EDIT: NO TALKING ABOUT TORRENTS.


----------



## Hackfox (Jun 29, 2009)

When I was 10 or 11...Home on the range. That movie was the shit :3 Since then....torrentz give me all I need


----------



## Jelly (Jun 29, 2009)

I'm pretty sure Rumble in the Bronx, a million years ago.
That movie's great, if for no other reason than half of the film's stunts are done despite Chan destroying his ankle in one of the scenes. He wears a fake shoe (its a painted sock or something) over a cast.

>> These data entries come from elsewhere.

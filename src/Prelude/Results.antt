-- ===== src/Prelude/Results.antt =====
-- What a fallible Rust function returns: `Result<T, E>`, its `?` as the bind of a `do` block, and
-- the lemmas that take a successful run apart.
use mathlib.Core.Path.{◌≡◌, refl}
use mathlib.Core.Logic.{◌⊎◌, inl, inr}
use mathlib.Core.Bool.{Bool, true, false}
use mathlib.Core.Option.{Option, none, some}
use dotfile.Prelude.Tests.{if◌then◌else◌}

pub data Result {ℓ} (E : Type 0) (T : Type ℓ) : Type ℓ where
  err : E → Result E T
  ok : T → Result E T

infixl 5 ◌>>=◌ ◌>>◌
abbrev pub ◌>>=◌ {ℓ κ} :
    {E : Type 0} {T : Type ℓ} {U : Type κ} → Result E T → (T → Result E U) → Result E U
err reason >>= k = err reason
ok value >>= k = k value

abbrev pub ◌>>◌ {ℓ} : {E : Type 0} {U : Type ℓ} → Result E (Unit {0}) → Result E U → Result E U
step >> next = step >>= λ _. next

-- `if !test { return Err(reason) }`
abbrev pub guard : {E : Type 0} → Bool → E → Result E (Unit {0})
guard test reason = elim test [ false ↦ err reason | true ↦ ok tt ]

-- `Option::ok_or`
abbrev pub ok_or {ℓ} : {E : Type 0} {T : Type ℓ} → Option T → E → Result E T
ok_or found reason = elim found [ none ↦ err reason | some value ↦ ok value ]

module _ {ℓ κ} {E : Type 0} {T : Type ℓ} {U : Type κ} where
  -- where a whole chain succeeded, its first step did, and so did the rest
  pub >>=-ok :
      (step : Result E T) (rest : T → Result E U) {final : U}
      → (step >>= rest) ≡ ok final
      → (value : T) × (step ≡ ok value) × (rest value ≡ ok final)
  >>=-ok (err reason) rest success = cc
  >>=-ok (ok value) rest success = (value, refl, success)

  pub >>=_congr :
      (step : Result E T) (rest rest' : T → Result E U)
      → ((value : T) → rest value ≡ rest' value)
      → (step >>= rest) ≡ (step >>= rest')
  >>=_congr (err reason) rest rest' same = refl
  >>=_congr (ok value) rest rest' same = same value

-- a step that follows from each branch of a test, where the result of the branch is known
pub by_test {ℓ κ} :
    {T : Type ℓ} {P : Type κ} {a b c : T} (test : Bool)
    → (if test then a else b) ≡ c
    → (a ≡ c → P)
    → (b ≡ c → P)
    → P
by_test false result then_case else_case = else_case result
by_test true result then_case else_case = then_case result

pub >>=_assoc {ℓ κ μ} :
    {E : Type 0} {T : Type ℓ} {U : Type κ} {W : Type μ} (step : Result E T) (f : T → Result E U)
    (g : U → Result E W)
    → (step >>= f >>= g) ≡ (step >>= λ value. f value >>= g)
>>=_assoc (err reason) f g = refl
>>=_assoc (ok value) f g = refl

pub guard-ok : {E : Type 0} (test : Bool) (reason : E) → guard test reason ≡ ok tt → test ≡ true
guard-ok false reason success = cc
guard-ok true reason success = refl

pub Result-cases {ℓ} :
    {E : Type 0} {T : Type ℓ} (r : Result E T)
    → ((value : T) × (r ≡ ok value)) ⊎ ((reason : E) × (r ≡ err reason))
Result-cases (err reason) = inr (reason, refl)
Result-cases (ok value) = inl (value, refl)

pub ok_or-some {ℓ} :
    {E : Type 0} {T : Type ℓ} (found : Option T) (reason : E) {value : T}
    → ok_or found reason ≡ ok value
    → found ≡ some value
ok_or-some none reason success = cc
ok_or-some (some value) reason success = cc

pub ok_unique {ℓ} :
    {E : Type 0} {T : Type ℓ} {a b : T} (r : Result E T) → r ≡ ok a → r ≡ ok b → a ≡ b
ok_unique r first second = cc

Also, there's a blooper scene where a dirt bike runs over his junk.


----------



## Ceuper (Jun 29, 2009)

Happy Feet. It was too good to download.


----------



## ToeClaws (Jun 29, 2009)

T2 - Ultimate edition.


----------



## ChrisPanda (Jul 1, 2009)

night of the living dead 2 days ago 4 20p


----------



## Takeshi (Jul 1, 2009)

Hackfox said:


> Since then....torrentz give me all I need


Yes, and I download furry art CDs


----------



## Sulfide (Jul 1, 2009)

Bought? who buys! I just recentyl torrented "A night In paris"


----------



## Takeshi (Jul 1, 2009)

I should've made a disclaimer against any mention of torrents whatsoever in this thread. 

Ain't too late!


----------



## Sulfide (Jul 1, 2009)

Fine. I pre ordered Bruno. But it too is pirated.


----------



## Takeshi (Jul 1, 2009)

I wouldn't expect anything less from a JUGGALO.


----------



## CerbrusNL (Jul 1, 2009)

The last vid I bought was a James Bond collection for my father quite some time ago, I think... For the rest of the movies I watch, well, the word starts with "T"...


----------



## Takeshi (Jul 1, 2009)

Now I wish I had never started this thread.


----------



## CerbrusNL (Jul 1, 2009)

Oh, just remembered, I've also bought the Die Hard movies a few months ago, cause i wanted them as an original DVD...


----------



## Wulf (Jul 1, 2009)

TORRENTZ!

Fact: Killing furries increases global warming.


----------



## RoqsWolf (Jul 1, 2009)

Wow Its been like forever since I've purchased an actual video. I think the last I got was The Pirates Of The  Carribean 2 and my bro got it


----------



## Takeshi (Jul 2, 2009)

Wulf said:


> TORRENTZ!
> 
> Fact: Killing furries increases global warming.



You're wrong because Hitler


----------



## CaptainCool (Jul 2, 2009)

pirates of the caribbean 3 last april for my mom^^
i dont torrent movies.


----------



## ramsay_baggins (Jul 2, 2009)

Can't remember which one I bought >..< I think Hellboy II special directors cut edition 8D *Awesome*

I torrented the new Star Trek movie (Yays, Star Trek!) but only to make a couple of fanvids, I'm gonna buy it when it comes out XD


----------



## Gavrill (Jul 2, 2009)

Planet Earth. I absolutely love that show. It's a naturegasm.


----------



## ramsay_baggins (Jul 2, 2009)

Shenzebo said:


> Planet Earth. I absolutely love that show. It's a naturegasm.



It's awesome XD

Just try listening to it when David Attenborough is narrating. Can't get much better.


----------



## the grey fox (Jul 2, 2009)

people still BUY movies!!?


----------



## Kami (Jul 2, 2009)

brought "The Venture Brothers Season 3" few weeks ago , funneh x50


----------



## Sinister Exaggerator (Jul 3, 2009)

Welcome To The NHK volumes 1-6 w/ the art box

Highly recommended.


----------



## ramsay_baggins (Jul 3, 2009)

the grey fox said:


> people still BUY movies!!?



I still respect the movie business to an extent, and I buy movies I like and think are worth it.

The music business, however, can deal without my funds and I only ever buy CDs from artists who aren't very well known and so need the sales or who I really, really respect.

Also, having a movie on DVD is so much better whereas with music you're gonna take it from a CD and put it on a player anyway.


----------



## D Void (Jul 3, 2009)

Last video I got was a while back, I get dvds now.
I think it was XMEN, dvd was Dog Soldiers awesome 
movie, lol some real funny one linners.


----------